(Records contained in a dataset)

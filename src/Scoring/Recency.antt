-- ===== src/Scoring/Recency.antt =====
-- The recency criterion of scoring.py. Times are whole microseconds.
use inno_scalping_crawling.Common.{
  ℕ, ◌+◌, ◌-◌, ◌*◌, if◌then◌else◌, leb, ltb, Option, none, some, List, [], ◌∷◌, Text, codes,
}
use inno_scalping_crawling.Publication.{Value, null}
use inno_scalping_crawling.Scoring.{Reading, Criterion, criterion, points, parse_datetime}
use inno_scalping_crawling.Scoring.Lookup.{lookup_value}

abbrev pub day : ℕ
day = 86400 * 1000000

-- The chain of tests on `age_days`.
unfoldable pub timing_points : ℕ → ℕ
timing_points age =
    if leb age day
    then 10
    else if leb age (7 * day)
    then 8
    else if leb age (14 * day)
    then 6
    else if leb age (30 * day)
    then 4
    else if leb age (90 * day)
    then 2
    else 0

abbrev later_of : Option ℕ → Option ℕ → Option ℕ
later_of none latest = latest
later_of (some i) none = some i
later_of (some i) (some j) = some (if ltb j i then i else j)

unfoldable pub change_points : ℕ → Option ℕ → ℕ
change_points latest none = 0
change_points latest (some comparison) = points 5 (ltb comparison latest)

-- The points for the latest timestamp, if there is one, and the time that it is compared with.
unfoldable pub recency_points : ℕ → Option ℕ → Option ℕ → ℕ
recency_points as_of none comparison = 0
recency_points as_of (some latest) comparison =
    timing_points (as_of - latest) + change_points latest comparison

module _ (reading : Reading) (candidate document_version : Value) where
  -- `max(timestamps)`, or `none` if none of these names has one.
  unfoldable pub latest_of : List Text → Option ℕ
  latest_of [] = none
  latest_of (name ∷ names) =
      later_of (parse_datetime reading (lookup_value candidate document_version (name ∷ [])))
        (latest_of names)

  unfoldable pub timestamp_names : List Text
  timestamp_names =
      codes "updated_at"
      ∷ codes "last_updated_at"
      ∷ codes "modified_at"
      ∷ codes "published_at"
      ∷ codes "publication_date"
      ∷ codes "issued_at"
      ∷ codes "retrieved_at"
      ∷ []

  abbrev pub compared_with : Value → Option Value
  compared_with null = lookup_value candidate document_version (
      codes "last_successful_briefing_at"
      ∷ codes "last_successful_briefing"
      ∷ codes "last_briefing_at"
      ∷ [])
  compared_with v = some v

  -- `_recency_score`
  unfoldable pub recency_score : ℕ → Value → Criterion
  recency_score as_of last_successful_briefing_at = criterion 15 (
      recency_points as_of (latest_of timestamp_names)
        (parse_datetime reading (compared_with last_successful_briefing_at)))
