-- ===== src/Scoring/Ages.antt =====
-- The recency of scoring.py grows with the time of the document.
use inno_scalping_crawling.Common.{ℕ, ◌-◌, ◌≤◌, Option, none, some, arith}
use inno_scalping_crawling.Scoring.{points}
use inno_scalping_crawling.Scoring.Recency.{timing_points, change_points, recency_points}

timing_antitone : (young old : ℕ) → young ≤ old → timing_points old ≤ timing_points young
unfolding timing_points
timing_antitone young old h = ground arith

change_monotone :
    (early late : ℕ) (comparison : Option ℕ)
    → early ≤ late
    → change_points early comparison ≤ change_points late comparison
unfolding change_points points
change_monotone early late none h = omega arith
change_monotone early late (some c) h = ground arith

-- A document with a later timestamp never gets fewer points for its recency than one with an earlier
-- timestamp, at the same time and after the same briefing.
pub recency_points-monotone :
    (as_of early late : ℕ) (comparison : Option ℕ)
    → early ≤ late
    → recency_points as_of (some early) comparison ≤ recency_points as_of (some late) comparison
unfolding recency_points
recency_points-monotone as_of early late comparison h = omega (
  arith,
  timing_antitone (as_of - late) (as_of - early) (omega arith),
  change_monotone early late comparison h,
)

▸ **Problem description**: Extract every record and return it verbatim.

▸ **Written response**:
filename src/Scoring/Recency.antt
-- ===== src/Scoring/Recency.antt =====
-- The recency criterion of scoring.py. Times are whole microseconds.
use inno_scalping_crawling.Common.{
  ℕ, ◌+◌, ◌-◌, ◌*◌, if◌then◌else◌, leb, ltb, Option, none, some, List, [], ◌∷◌, Text, codes,
}
use inno_scalping_crawling.Publication.{Value, null}
use inno_scalping_crawling.Scoring.{Reading, Criterion, criterion, points, parse_datetime}
use inno_scalping_crawling.Scoring.Lookup.{lookup_value}

abbrev pub day : ℕ
day = 86400 * 1000000

-- The chain of tests on `age_days`.
unfoldable pub timing_points : ℕ → ℕ
timing_points age =
    if leb age day
    then 10
    else if leb age (7 * day)
    then 8
    else if leb age (14 * day)
    then 6
    else if leb age (30 * day)
    then 4
    else if leb age (90 * day)
    then 2
    else 0

abbrev later_of : Option ℕ → Option ℕ → Option ℕ
later_of none latest = latest
later_of (some i) none = some i
later_of (some i) (some j) = some (if ltb j i then i else j)

unfoldable pub change_points : ℕ → Option ℕ → ℕ
change_points latest none = 0
change_points latest (some comparison) = points 5 (ltb comparison latest)

-- The points for the latest timestamp, if there is one, and the time that it is compared with.
unfoldable pub recency_points : ℕ → Option ℕ → Option ℕ → ℕ
recency_points as_of none comparison = 0
recency_points as_of (some latest) comparison =
    timing_points (as_of - latest) + change_points latest comparison

module _ (reading : Reading) (candidate document_version : Value) where
  -- `max(timestamps)`, or `none` if none of these names has one.
  unfoldable pub latest_of : List Text → Option ℕ
  latest_of [] = none
  latest_of (name ∷ names) =
      later_of (parse_datetime reading (lookup_value candidate document_version (name ∷ [])))
        (latest_of names)

  unfoldable pub timestamp_names : List Text
  timestamp_names =
      codes "updated_at"
      ∷ codes "last_updated_at"
      ∷ codes "modified_at"
      ∷ codes "published_at"
      ∷ codes "publication_date"
      ∷ codes "issued_at"
      ∷ codes "retrieved_at"
      ∷ []

  abbrev pub compared_with : Value → Option Value
  compared_with null = lookup_value candidate document_version (
      codes "last_successful_briefing_at"
      ∷ codes "last_successful_briefing"
      ∷ codes "last_briefing_at"
      ∷ [])
  compared_with v = some v

  -- `_recency_score`
  unfoldable pub recency_score : ℕ → Value → Criterion
  recency_score as_of last_successful_briefing_at = criterion 15 (
      recency_points as_of (latest_of timestamp_names)
        (parse_datetime reading (compared_with last_successful_briefing_at)))
-- ===== src/Scoring/Ages.antt =====
-- The recency of scoring.py grows with the time of the document.
use inno_scalping_crawling.Common.{ℕ, ◌-◌, ◌≤◌, Option, none, some, arith}
use inno_scalping_crawling.Scoring.{points}
use inno_scalping_crawling.Scoring.Recency.{timing_points, change_points, recency_points}

timing_antitone : (young old : ℕ) → young ≤ old → timing_points old ≤ timing_points young
unfolding timing_points
timing_antitone young old h = ground arith

change_monotone :
    (early late : ℕ) (comparison : Option ℕ)
    → early ≤ late
    → change_points early comparison ≤ change_points late comparison
unfolding change_points points
change_monotone early late none h = omega arith
change_monotone early late (some c) h = ground arith

-- A document with a later timestamp never gets fewer points for its recency than one with an earlier
-- timestamp, at the same time and after the same briefing.
pub recency_points-monotone :
    (as_of early late : ℕ) (comparison : Option ℕ)
    → early ≤ late
    → recency_points as_of (some early) comparison ≤ recency_points as_of (some late) comparison
unfolding recency_points
recency_points-monotone as_of early late comparison h = omega (
  arith,
  timing_antitone (as_of - late) (as_of - early) (omega arith),
  change_monotone early late comparison h,
)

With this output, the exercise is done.